### Stored entries:
=== Section Start ===

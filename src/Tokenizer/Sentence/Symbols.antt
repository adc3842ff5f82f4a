-- ===== src/Tokenizer/Sentence/Symbols.antt =====
-- The first symbols of plain text, at a vocabulary that has its characters.
use yllm.Base.{
  All, ◌⊎◌, ℕ, zero, suc, ◌≤◌, ◌<◌, ◌≡◌, ◌≢◌, refl, ap, sym, ◌∙◌, false, Option, none, some, List,
  [], ◌∷◌, ◌++◌, append_assoc, append-nil, if◌then◌else◌, arith, length, get_elem?, ◌==◌,
  Bool-cases, inl, inr,
}
use yllm.Base.Text.{Bytes}
use yllm.Tokenizer.Bytes.{utf8_clen}
use yllm.Tokenizer.Decode.Plain.{IsPlain}
use yllm.Tokenizer.Lookup.Find.{
  IsIndexed, piece_of_some, get_elem?-piece, vocab_bsearch_sorted-IsLookup, IsLookup,
}
use yllm.Tokenizer.Lookup.{vocab_bsearch_sorted}
use yllm.Tokenizer.Merges.{char_len}
use yllm.Tokenizer.Sentence.{mark, marked, char_symbols}
use yllm.Tokenizer.Spells.{Spells}
use yllm.Tokenizer.Types.{Vocab}

-- The vocabulary has scores, its indices are sorted, and the mark is a piece.
pub record IsSentence (v : Vocab) : Type 0 where
  pub indexed : IsIndexed v
  pub scored : v.scores ≢ []
  pub level : v.byte_level ≡ false
  pub space : (id : ℕ) × (get_elem? v.pieces id ≡ some mark)

-- Every character of the text but the space is a piece.
abbrev pub HasChars : Vocab → Bytes → Type 0
HasChars v text = All (λ c. (c ≡ b' ') ⊎ ((id : ℕ) × (get_elem? v.pieces id ≡ some (c ∷ [])))) text

has_char :
    (v : Vocab) (c : ℕ)
    → (c ≡ b' ') ⊎ ((id : ℕ) × (get_elem? v.pieces id ≡ some (c ∷ [])))
    → (c == b' ') ≡ false
    → (id : ℕ) × (get_elem? v.pieces id ≡ some (c ∷ []))
has_char v c (inl blank) other = absurd (ground (arith, blank, other))
has_char v c (inr there) other = there

-- A piece that is there is found.
find_some :
    (v : Vocab) (str : Bytes) (k : ℕ)
    → IsIndexed v
    → get_elem? v.pieces k ≡ some str
    → (id : ℕ) × (vocab_bsearch_sorted v str ≡ some id) × (get_elem? v.pieces id ≡ some str)
find_some v str k indexed there = result _ (vocab_bsearch_sorted-IsLookup v str indexed) refl
  where
    result :
        (r : Option ℕ)
        → IsLookup v str r
        → vocab_bsearch_sorted v str ≡ r
        → (id : ℕ) × (vocab_bsearch_sorted v str ≡ some id) × (get_elem? v.pieces id ≡ some str)
    result none missing e =
        let (known, is) = piece_of_some v k str there in absurd (missing k known is)
    result (some id) (known, is) e = (id, e, get_elem?-piece v id known ∙ ap some is)

abbrev mark_of : ℕ → Bytes
mark_of c = if c == b' ' then mark else c ∷ []

pub marked-append : (u w : Bytes) → marked (u ++ w) ≡ marked u ++ marked w
unfolding marked
marked-append [] w = refl
marked-append (c ∷ u) w =
    ap (λ t. mark_of c ++ t) (marked-append u w)
    ∙ sym (append_assoc (mark_of c) (marked u) (marked w))

char_len_ascii : (c : ℕ) (t : Bytes) → c < 128 → char_len c (c ∷ t) ≡ 1
unfolding char_len utf8_clen
char_len_ascii c t ascii = ground arith

char_len-mark : (t : Bytes) → char_len 0xE2 (mark ++ t) ≡ 3
unfolding char_len utf8_clen
char_len-mark t = ground arith

char_symbols_step :
    (fuel : ℕ) (v : Vocab) (c id : ℕ) (t : Bytes)
    → c < 128
    → vocab_bsearch_sorted v (c ∷ []) ≡ some id
    → char_symbols (suc fuel) v (c ∷ t) ≡ id ∷ char_symbols fuel v t
unfolding char_symbols
char_symbols_step fuel v c id t ascii found =
    rw (char_len_ascii c t ascii, found, char_symbols) (rw (char_len_ascii c t ascii) refl)

char_symbols-mark :
    (fuel : ℕ) (v : Vocab) (id : ℕ) (t : Bytes)
    → vocab_bsearch_sorted v mark ≡ some id
    → char_symbols (suc fuel) v (mark ++ t) ≡ id ∷ char_symbols fuel v t
unfolding char_symbols
char_symbols-mark fuel v id t found =
    rw (char_len-mark t, found, char_symbols) (rw (char_len-mark t) refl)

-- One more character, of which `t` is the spelling.
Spells-char :
    (v : Vocab) (c id : ℕ) (text : Bytes) (ids : List ℕ)
    → get_elem? v.pieces id ≡ some (mark_of c)
    → Spells marked v ids text × (length ids ≡ length text)
    → Spells marked v (id ∷ ids) (c ∷ text) × (length (id ∷ ids) ≡ length (c ∷ text))
unfolding marked
Spells-char v c id text ids there (spells, size) =
    ((c ∷ [], text, refl, there ∙ ap some (sym (append-nil (mark_of c))), spells), ap suc size)

marked_shorter :
    (c : ℕ) (t : Bytes) (fuel : ℕ) → length (marked (c ∷ t)) ≤ suc fuel → length (marked t) ≤ fuel
unfolding marked
marked_shorter c t fuel enough = ground (arith, enough)

pub char_symbols-Spells :
    (fuel : ℕ) (v : Vocab) (text : Bytes)
    → IsSentence v
    → IsPlain text
    → HasChars v text
    → length (marked text) ≤ fuel
    → Spells marked v (char_symbols fuel v (marked text)) text
      × (length (char_symbols fuel v (marked text)) ≡ length text)
unfolding marked
char_symbols-Spells zero v [] ok plain chars enough = unfold char_symbols in (refl, refl)
char_symbols-Spells (suc fuel) v [] ok plain chars enough = unfold char_symbols in (refl, refl)
char_symbols-Spells zero v (c ∷ t) ok plain chars enough = absurd (ground (arith, enough))
char_symbols-Spells (suc fuel) v (c ∷ t) ok plain chars enough = elim (Bool-cases (c == b' ')) [
  | inl blank ↦
      let (k, there) = ok.space in
      let (id, found, piece_id) = find_some v mark k ok.indexed there in
      let front : mark_of c ≡ mark = rw blank refl in
      let rest = char_symbols-Spells fuel v t ok plain.1 chars.1 (marked_shorter c t fuel enough) in
      rw (blank, char_symbols-mark fuel v id (marked t) found)
        (Spells-char v c id t _ (piece_id ∙ ap some (sym front)) rest)
  | inr other ↦
      let (k, there) = has_char v c chars.0 other in
      let (id, found, piece_id) = find_some v (c ∷ []) k ok.indexed there in
      let front : mark_of c ≡ c ∷ [] = rw other refl in
      let rest = char_symbols-Spells fuel v t ok plain.1 chars.1 (marked_shorter c t fuel enough) in
      rw (other, char_symbols_step fuel v c id (marked t) plain.0.0 found)
        (Spells-char v c id t _ (piece_id ∙ ap some (sym front)) rest)
]
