-- ===== src/Tokenizer/Sentence/Unspace.antt =====
-- The pieces of plain text read back.
use yllm.Base.{
  ℕ, zero, suc, ◌+◌, ◌-◌, ◌≤◌, ◌<◌, ◌≡◌, refl, ap, ◌∙◌, false, [], ◌∷◌, arith, length, ◌==◌,
  Bool-cases, inl, inr,
}
use yllm.Base.Text.{Bytes, equal}
use yllm.Tokenizer.Decode.Plain.{IsPlain, not_control, not_byte_token}
use yllm.Tokenizer.Decode.{decode_piece, unspace, is_control, is_byte_token}
use yllm.Tokenizer.Lookup.{strncmp}
use yllm.Tokenizer.Sentence.{marked}
use yllm.Tokenizer.Specials.{begins_with}
use yllm.Tokenizer.Types.{Vocab}

unspace_char : (c room : ℕ) (t : Bytes) → c < 128 → unspace (suc room) (c ∷ t) ≡ c ∷ unspace room t
unfolding unspace
unspace_char c zero [] ascii = refl
unspace_char c (suc room) [] ascii = refl
unspace_char c room (d ∷ []) ascii = refl
unspace_char c room (d ∷ e ∷ t) ascii = ground arith

-- With room for it, plain text that was marked reads back.
unspace-marked : (room : ℕ) (w : Bytes) → IsPlain w → length w ≤ room → unspace room (marked w) ≡ w
unfolding unspace marked
unspace-marked zero [] plain fits = refl
unspace-marked (suc room) [] plain fits = refl
unspace-marked zero (c ∷ w) plain fits = absurd (omega arith)
unspace-marked (suc room) (c ∷ w) plain fits = elim (Bool-cases (c == b' ')) [
  | inl blank ↦
      let is : b' ' ≡ c = ground (arith, blank) in
      rw blank (
        ap (λ t. b' ' ∷ t) (unspace-marked room w plain.1 (omega arith)) ∙ ap (λ (b : ℕ). b ∷ w) is)
  | inr other ↦ rw other (
      unspace_char c room (marked w) plain.0.0
      ∙ ap (λ t. c ∷ t) (unspace-marked room w plain.1 (omega arith)))
]

not_reserved :
    (w : Bytes) → IsPlain w → (is_control (marked w) ≡ false) × (is_byte_token (marked w) ≡ false)
unfolding marked is_control is_byte_token equal begins_with strncmp
not_reserved [] plain = (refl, refl)
not_reserved (c ∷ w) plain = elim (Bool-cases (c == b' ')) [
  | inl blank ↦ rw blank (
    not_control 0xE2 (0x96 ∷ 0x81 ∷ marked w) (omega arith),
    not_byte_token 0xE2 (0x96 ∷ 0x81 ∷ marked w) (omega arith),
  )
  | inr other ↦ rw other (not_control c (marked w) plain.0.1, not_byte_token c (marked w) plain.0.1)
]

pub decode_piece-marked :
    (v : Vocab) (max o : ℕ) (w : Bytes)
    → v.byte_level ≡ false
    → IsPlain w
    → o + length w < max
    → decode_piece v max o (marked w) ≡ w
unfolding decode_piece
decode_piece-marked v max o w level plain room =
    let (a, b) = not_reserved w plain in
    rw (a, b, level) (unspace-marked (max - 1 - o) w plain (omega arith))
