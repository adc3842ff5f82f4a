-- ===== src/Tokenizer/Sentence/RoundTrip.antt =====
-- Plain text decodes to itself, with a space in front.
use yllm.Base.{
  ℕ, zero, suc, ◌+◌, ◌<◌, ◌≡◌, ◌≢◌, refl, ap, ◌∙◌, false, Bool, some, List, [], ◌∷◌, ◌++◌, arith,
  length, get_elem?, ◌==◌, inl, inr, take_of_length-le, subst, Option-cases,
}
use yllm.Base.Text.{Bytes}
use yllm.Tokenizer.Decode.Plain.{IsPlain}
use yllm.Tokenizer.Decode.{vocab_decode}
use yllm.Tokenizer.Lookup.Find.{
  IsIndexed, piece_of_some, get_elem?-piece, vocab_bsearch_sorted-IsLookup, IsLookup,
}
use yllm.Tokenizer.Lookup.{vocab_bsearch_sorted}
use yllm.Tokenizer.Sentence.Merging.{IsStrict, pair_score}
use yllm.Tokenizer.Sentence.Run.{
  merge, ScoreRun, finish, next, score_loop-ScoreRun, ScoreRun-shortens,
}
use yllm.Tokenizer.Sentence.{
  mark, marked, char_symbols, score_merge, score_loop, encode_sentence, vocab_encode,
}
use yllm.Tokenizer.Spells.{Joins, Spells, Spells-replace_pair, decode_from-Spells}
use yllm.Tokenizer.Types.{Vocab, piece}
use yllm.Tokenizer.Sentence.Symbols.{IsSentence, HasChars, marked-append, char_symbols-Spells}
use yllm.Tokenizer.Sentence.Unspace.{decode_piece-marked}

score_merge-piece :
    (v : Vocab) (a b : ℕ) (m : ℕ × ℕ)
    → IsIndexed v
    → score_merge v a b ≡ some m
    → get_elem? v.pieces m.0 ≡ some (piece v a ++ piece v b)
unfolding score_merge
score_merge-piece v a b m indexed h =
    let str = piece v a ++ piece v b in
    elim (Option-cases (vocab_bsearch_sorted v str)) [
      | inl missing ↦ absurd (ground (arith, h, missing))
      | inr (id, found) ↦
          let (known, is) =
            subst (IsLookup v str) found (vocab_bsearch_sorted-IsLookup v str indexed) in
          let same : m.0 ≡ id = ground (arith, h, found) in
          rw same (get_elem?-piece v id known ∙ ap some is)
    ]

Joins-pair_score :
    (v : Vocab) (syms : List ℕ) (i : ℕ) (m : ℕ × ℕ)
    → IsIndexed v
    → pair_score v syms i ≡ some m
    → Joins v syms i m.0
Joins-pair_score v [] i m indexed found = cc
Joins-pair_score v (a ∷ []) i m indexed found = cc
Joins-pair_score v (a ∷ b ∷ syms) zero m indexed found = λ p q left right.
    let l = piece_of_some v a p left in
    let r = piece_of_some v b q right in rw (← l.1, ← r.1) (score_merge-piece v a b m indexed found)
Joins-pair_score v (a ∷ b ∷ syms) (suc i) m indexed found =
    Joins-pair_score v (b ∷ syms) i m indexed found

ScoreRun-Spells :
    (gt : ℕ → ℕ → Bool) (v : Vocab) (text : Bytes) {syms end : List ℕ}
    → IsIndexed v
    → ScoreRun gt v syms end
    → Spells marked v syms text
    → Spells marked v end text
ScoreRun-Spells gt v text indexed (finish syms) spells = spells
ScoreRun-Spells gt v text indexed (next (merge syms i m top) run) spells =
    ScoreRun-Spells gt v text indexed run (
      Spells-replace_pair marked marked-append v syms i m.0 text
        (Joins-pair_score v syms i m indexed top.here) spells)

-- What the encoder makes of a text, and what its symbols spell.
encode_sentence-Spells :
    (gt : ℕ → ℕ → Bool) (v : Vocab) (text : Bytes) (max : ℕ)
    → IsStrict gt
    → IsSentence v
    → IsPlain (b' ' ∷ text)
    → HasChars v (b' ' ∷ text)
    → length text < max
    → Spells marked v (encode_sentence gt v text max) (b' ' ∷ text)
unfolding encode_sentence marked
encode_sentence-Spells gt v text max order ok plain chars fits =
    let syms = char_symbols (length (mark ++ marked text)) v (mark ++ marked text) in
    let start =
      char_symbols-Spells (length (mark ++ marked text)) v (b' ' ∷ text) ok plain chars
        (omega arith) in
    let run = (score_loop-ScoreRun gt order v max syms).0 in
    let spells = ScoreRun-Spells gt v (b' ' ∷ text) ok.indexed run start.0 in
    let short = ScoreRun-shortens gt v run in
    rw
      (take_of_length-le max (score_loop gt (length syms) v max syms)
        (omega (arith, short, start.1)))
      spells

-- Plain text that fits the buffers, with every character in the vocabulary, comes back from the
-- encoder by scores with a space in front, for a comparison of scores that is irreflexive and
-- transitive.
pub vocab_decode-vocab_encode :
    (gt : ℕ → ℕ → Bool) (v : Vocab) (text : Bytes) (max room : ℕ)
    → IsStrict gt
    → IsSentence v
    → IsPlain text
    → HasChars v text
    → length text < max
    → length text + 1 < room
    → vocab_decode v (vocab_encode gt v text max) room ≡ b' ' ∷ text
unfolding vocab_decode vocab_encode
vocab_decode-vocab_encode gt v text max room order ok plain chars fits fits' =
    let plain' : IsPlain (b' ' ∷ text) = ((omega arith, (omega arith), omega arith), plain) in
    rw (no_scores v.scores ok.scored) (
      decode_from-Spells marked v room (λ o w. decode_piece-marked v room o w ok.level) 0
        (encode_sentence gt v text max) (b' ' ∷ text) plain' (omega arith)
        (encode_sentence-Spells gt v text max order ok plain' (inl refl, chars) fits))
  where
    no_scores : (scores : List ℕ) → scores ≢ [] → (length scores == 0) ≡ false
    no_scores [] ne = absurd (ne refl)
    no_scores (s ∷ scores) ne = ground arith
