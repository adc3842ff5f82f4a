-- ===== src/Tests/Tokenizer.antt =====
-- The tokenizer at small vocabularies.
mod Tables
use yllm.Base.{
  ℕ, zero, suc, ◌+◌, ◌-◌, ◌/◌, ◌%◌, ◌<◌, ◌≤◌, ◌≡◌, ◌≢◌, if◌then◌else◌, refl, true, false, some,
  none, Option, List, [], ◌∷◌, ◌++◌, arith, take, length, get_elem?, get_or, ltb, Bool, inl, inr,
}
use yllm.Base.Text.{Bytes, codes, equal}
use yllm.Tests.Tokenizer.Tables.{
  tabulate, get_elem?-tabulate, get_elem?-tabulate_behind, get_or-tabulate, is_indexed,
  is_indexed→IsIndexed, is_distinct, is_distinct→IsDistinct,
}
use yllm.Tokenizer.Bytes.RoundTrip.{mapped}
use yllm.Tokenizer.Bytes.{gpt2_byte_str}
use yllm.Tokenizer.Decode.Bounds.{IsByteId, vocab_decode_bounds}
use yllm.Tokenizer.Decode.Plain.{IsPlain}
use yllm.Tokenizer.Decode.{vocab_decode, is_control, is_byte_token, scan_hex}
use yllm.Tokenizer.Greedy.Cover.{Cover, vocab_encode_greedy-Cover}
use yllm.Tokenizer.Greedy.{vocab_encode_greedy}
use yllm.Tokenizer.Lookup.Find.{IsIndexed, IsDistinct, vocab_bsearch_sorted-vocab_id}
use yllm.Tokenizer.Lookup.{dict_compare, vocab_bsearch_sorted, vocab_id}
use yllm.Tokenizer.Merges.Bounds.{vocab_encode_merges_bounds}
use yllm.Tokenizer.Merges.Full.{vocab_encode_merges_full, AreBytes}
use yllm.Tokenizer.Merges.Latin.{vocab_encode_merges_latin}
use yllm.Tokenizer.Merges.RoundTrip.{IsByteLevel, vocab_decode-vocab_encode_merges}
use yllm.Tokenizer.Merges.Run.{Run, IsHalted, merge_loop-Run}
use yllm.Tokenizer.Merges.{
  next_symbol, char_token, byte_symbol, best_pair, find_merge, first_symbols, merge_loop,
  vocab_encode_merges,
}
use yllm.Tokenizer.Sentence.Merging.{IsStrict}
use yllm.Tokenizer.Sentence.RoundTrip.{vocab_decode-vocab_encode}
use yllm.Tokenizer.Sentence.Run.{ScoreRun, IsScored, score_loop-ScoreRun}
use yllm.Tokenizer.Sentence.Symbols.{IsSentence, HasChars}
use yllm.Tokenizer.Sentence.{score_loop, vocab_encode}
use yllm.Tokenizer.Specials.{special_token_id, begins_with}
use yllm.Tokenizer.Types.{Merge, Vocab}

abbrev row : ℕ → ℕ → ℕ → ℕ → Merge
row l r m k = record { ml = l; mr = r; mid = m; mrank = k }

-- The tokens of all ASCII bytes, and of two merges.
abbrev byte_vocab : Vocab
byte_vocab = record {
  pieces = tabulate gpt2_byte_str 0 128 ++ codes "ab" ∷ codes "abab" ∷ [];
  unk = none;
  sorted = [];
  scores = [];
  merges = row 97 98 128 0 ∷ row 128 128 129 1 ∷ [];
  byte_level = true;
  byte_ids = tabulate some 0 128;
}

byte_vocab_joins :
    (i : ℕ) (m : Merge) (p q : Bytes)
    → get_elem? byte_vocab.merges i ≡ some m
    → get_elem? byte_vocab.pieces m.ml ≡ some p
    → get_elem? byte_vocab.pieces m.mr ≡ some q
    → get_elem? byte_vocab.pieces m.mid ≡ some (p ++ q)
unfolding gpt2_byte_str
byte_vocab_joins zero m p q at left right =
    let a =
      get_elem?-tabulate gpt2_byte_str 0 128 97 (codes "ab" ∷ codes "abab" ∷ []) (omega arith) in
    let b =
      get_elem?-tabulate gpt2_byte_str 0 128 98 (codes "ab" ∷ codes "abab" ∷ []) (omega arith) in
    let ab = get_elem?-tabulate_behind gpt2_byte_str 0 128 0 (codes "ab" ∷ codes "abab" ∷ []) in
    cc (at, left, right, a, b, ab)
byte_vocab_joins (suc zero) m p q at left right =
    let ab = get_elem?-tabulate_behind gpt2_byte_str 0 128 0 (codes "ab" ∷ codes "abab" ∷ []) in
    let abab = get_elem?-tabulate_behind gpt2_byte_str 0 128 1 (codes "ab" ∷ codes "abab" ∷ []) in
    cc (at, left, right, ab, abab)
byte_vocab_joins (suc (suc i)) m p q at left right = cc

byte_vocab_bytes :
    (b : ℕ)
    → b < 128
    → (id : ℕ) × (get_or byte_vocab.byte_ids b none ≡ some id)
      × (get_elem? byte_vocab.pieces id ≡ some (gpt2_byte_str b))
byte_vocab_bytes b ascii =
    let e : 0 + b ≡ b = omega arith in
    let id = get_or-tabulate some 0 128 b none ascii in
    let name = get_elem?-tabulate gpt2_byte_str 0 128 b (codes "ab" ∷ codes "abab" ∷ []) ascii in
    (b, rw e at id, rw e at name)

byte_vocab-IsByteLevel : IsByteLevel byte_vocab
byte_vocab-IsByteLevel = record { bytes = byte_vocab_bytes; joins = byte_vocab_joins; level = refl }

some_merges : byte_vocab.merges ≢ []
some_merges e = cc

-- "é" is the piece of the byte 0xE9.
abbrev latin_vocab : Vocab
latin_vocab = record {
  pieces = codes "a" ∷ codes "b" ∷ codes "ab" ∷ (0xC3 ∷ 0xA9 ∷ []) ∷ [];
  unk = none;
  sorted = 0 ∷ 2 ∷ 1 ∷ 3 ∷ [];
  scores = [];
  merges = row 0 1 2 0 ∷ [];
  byte_level = true;
  byte_ids = [];
}

latin_vocab-IsIndexed : IsIndexed latin_vocab
unfolding is_indexed dict_compare
latin_vocab-IsIndexed = is_indexed→IsIndexed latin_vocab (0 ∷ 2 ∷ 1 ∷ 3 ∷ []) refl

latin_vocab-IsDistinct : IsDistinct latin_vocab
unfolding is_distinct
latin_vocab-IsDistinct = is_distinct→IsDistinct latin_vocab refl

-- A vocabulary with scores, and a mark.
abbrev sentence_vocab : Vocab
sentence_vocab = record {
  pieces =
      codes "a"
      ∷ codes "b"
      ∷ codes "ab"
      ∷ (0xE2 ∷ 0x96 ∷ 0x81 ∷ [])
      ∷ (0xE2 ∷ 0x96 ∷ 0x81 ∷ 97 ∷ [])
      ∷ [];
  unk = none;
  sorted = 0 ∷ 2 ∷ 1 ∷ 3 ∷ 4 ∷ [];
  scores = 0 ∷ 0 ∷ 0x3F800000 ∷ 0 ∷ 0xBF800000 ∷ [];
  merges = [];
  byte_level = false;
  byte_ids = [];
}

sentence_vocab-IsSentence : IsSentence sentence_vocab
unfolding is_indexed dict_compare
sentence_vocab-IsSentence = record {
  indexed = is_indexed→IsIndexed sentence_vocab (0 ∷ 2 ∷ 1 ∷ 3 ∷ 4 ∷ []) refl;
  scored = λ e. cc;
  level = refl;
  space = (3, refl);
}

-- The order of finite `float`s by their bits: the negative ones run backwards.
abbrev float_key : ℕ → ℕ
float_key x = if ltb x 0x80000000 then x + 0x80000000 else 0xFFFFFFFF - x

abbrev float_gt : ℕ → ℕ → Bool
float_gt x y = ltb (float_key y) (float_key x)

float_gt-IsStrict : IsStrict float_gt
float_gt-IsStrict = record {
  irrefl = λ x. same (float_key x);
  trans = λ x y z h k. chain (float_key x) (float_key y) (float_key z) h k;
}
  where
    same : (a : ℕ) → ltb a a ≡ false
    same a = ground arith

    chain : (a b c : ℕ) → ltb b a ≡ true → ltb c b ≡ true → ltb c a ≡ true
    chain a b c h k = ground (arith, h, k)

vocab_bsearch_sorted-vocab_id_example :
    vocab_bsearch_sorted latin_vocab (codes "ab") ≡ vocab_id latin_vocab (codes "ab")
vocab_bsearch_sorted-vocab_id_example =
    vocab_bsearch_sorted-vocab_id latin_vocab (codes "ab") latin_vocab-IsIndexed
      latin_vocab-IsDistinct

merge_loop-Run_example :
    Run byte_vocab.merges
      (97 ∷ 98 ∷ 97 ∷ 98 ∷ [])
      (merge_loop 4 byte_vocab.merges 64 (97 ∷ 98 ∷ 97 ∷ 98 ∷ []))
    × IsHalted byte_vocab.merges 64 (merge_loop 4 byte_vocab.merges 64 (97 ∷ 98 ∷ 97 ∷ 98 ∷ []))
merge_loop-Run_example = merge_loop-Run byte_vocab.merges 64 (97 ∷ 98 ∷ 97 ∷ 98 ∷ [])

abab-IsPlain : IsPlain (codes "abab c")
abab-IsPlain = omega arith

vocab_decode-vocab_encode_merges_example :
    vocab_decode byte_vocab (vocab_encode_merges byte_vocab (codes "abab c") 16) 16 ≡ codes "abab c"
vocab_decode-vocab_encode_merges_example =
    vocab_decode-vocab_encode_merges byte_vocab (codes "abab c") 16 16 byte_vocab-IsByteLevel
      some_merges abab-IsPlain (omega arith) (omega arith)

vocab_encode_merges_full_example :
    (length (vocab_encode_merges byte_vocab (codes "abab c") 3) ≡ 3)
    × AreBytes byte_vocab
        (take 3 (codes "abab c"))
        (vocab_encode_merges byte_vocab (codes "abab c") 3)
    × (vocab_decode byte_vocab (vocab_encode_merges byte_vocab (codes "abab c") 3) 16
        ≡ take 3 (codes "abab c"))
vocab_encode_merges_full_example =
    vocab_encode_merges_full byte_vocab (codes "abab c") 3 16 byte_vocab-IsByteLevel some_merges
      abab-IsPlain (omega arith) (omega arith)

vocab_encode_merges_latin_example :
    (vocab_encode_merges latin_vocab ((0xC0 + 0xE9 / 64) ∷ (0x80 + 0xE9 % 64) ∷ []) 8 ≡ 3 ∷ [])
    × (vocab_decode latin_vocab (3 ∷ []) 8 ≡ 0xE9 ∷ [])
unfolding gpt2_byte_str
vocab_encode_merges_latin_example =
    vocab_encode_merges_latin latin_vocab 0xE9 3 8 8 (omega arith) latin_vocab-IsIndexed
      latin_vocab-IsDistinct refl (λ e. cc) refl (omega arith) (omega arith)

score_loop-ScoreRun_example :
    ScoreRun float_gt sentence_vocab
      (3 ∷ 0 ∷ 1 ∷ [])
      (score_loop float_gt 3 sentence_vocab 8 (3 ∷ 0 ∷ 1 ∷ []))
    × IsScored float_gt sentence_vocab 8 (score_loop float_gt 3 sentence_vocab 8 (3 ∷ 0 ∷ 1 ∷ []))
score_loop-ScoreRun_example =
    score_loop-ScoreRun float_gt float_gt-IsStrict sentence_vocab 8 (3 ∷ 0 ∷ 1 ∷ [])

vocab_decode-vocab_encode_example :
    vocab_decode sentence_vocab (vocab_encode float_gt sentence_vocab (codes "ab a") 8) 8
    ≡ codes " ab a"
vocab_decode-vocab_encode_example =
    vocab_decode-vocab_encode float_gt sentence_vocab (codes "ab a") 8 8 float_gt-IsStrict
      sentence_vocab-IsSentence (omega arith)
      (inr (0, refl), (inr (1, refl), (inl refl, (inr (0, refl), tt)))) (omega arith) (omega arith)

vocab_encode_greedy-Cover_example :
    Cover latin_vocab 4 (codes "aba") (vocab_encode_greedy latin_vocab (codes "aba") 4)
vocab_encode_greedy-Cover_example = vocab_encode_greedy-Cover latin_vocab (codes "aba") 4

-- A vocabulary of one token of a byte.
abbrev one_byte : Vocab
one_byte = record latin_vocab { pieces = codes "<0x41>" ∷ [] }

one_byte-IsByteId : IsByteId one_byte 0
unfolding is_control is_byte_token scan_hex begins_with equal
one_byte-IsByteId = (omega arith, refl, refl, (0x41, refl))

vocab_decode_bounds_example :
    (length (vocab_decode one_byte (0 ∷ 0 ∷ 0 ∷ []) 2) ≤ 2)
    × (length (vocab_decode one_byte (0 ∷ 0 ∷ []) 2) ≡ 2)
vocab_decode_bounds_example =
    vocab_decode_bounds one_byte (0 ∷ 0 ∷ 0 ∷ []) (0 ∷ 0 ∷ []) 2
      (one_byte-IsByteId, (one_byte-IsByteId, tt)) refl

encode_run : vocab_encode_merges byte_vocab (codes "ababab") 64 ≡ 129 ∷ 128 ∷ []
unfolding vocab_encode_merges merge_loop first_symbols next_symbol special_token_id begins_with
    char_token byte_symbol tabulate best_pair find_merge
encode_run = refl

=== Section End ===

### Assignment:
Gather up, from the records above, each line where the word "finish" appears.

### Expected answer:
  merge, ScoreRun, finish, next, score_loop-ScoreRun, ScoreRun-shortens,
ScoreRun-Spells gt v text indexed (finish syms) spells = spells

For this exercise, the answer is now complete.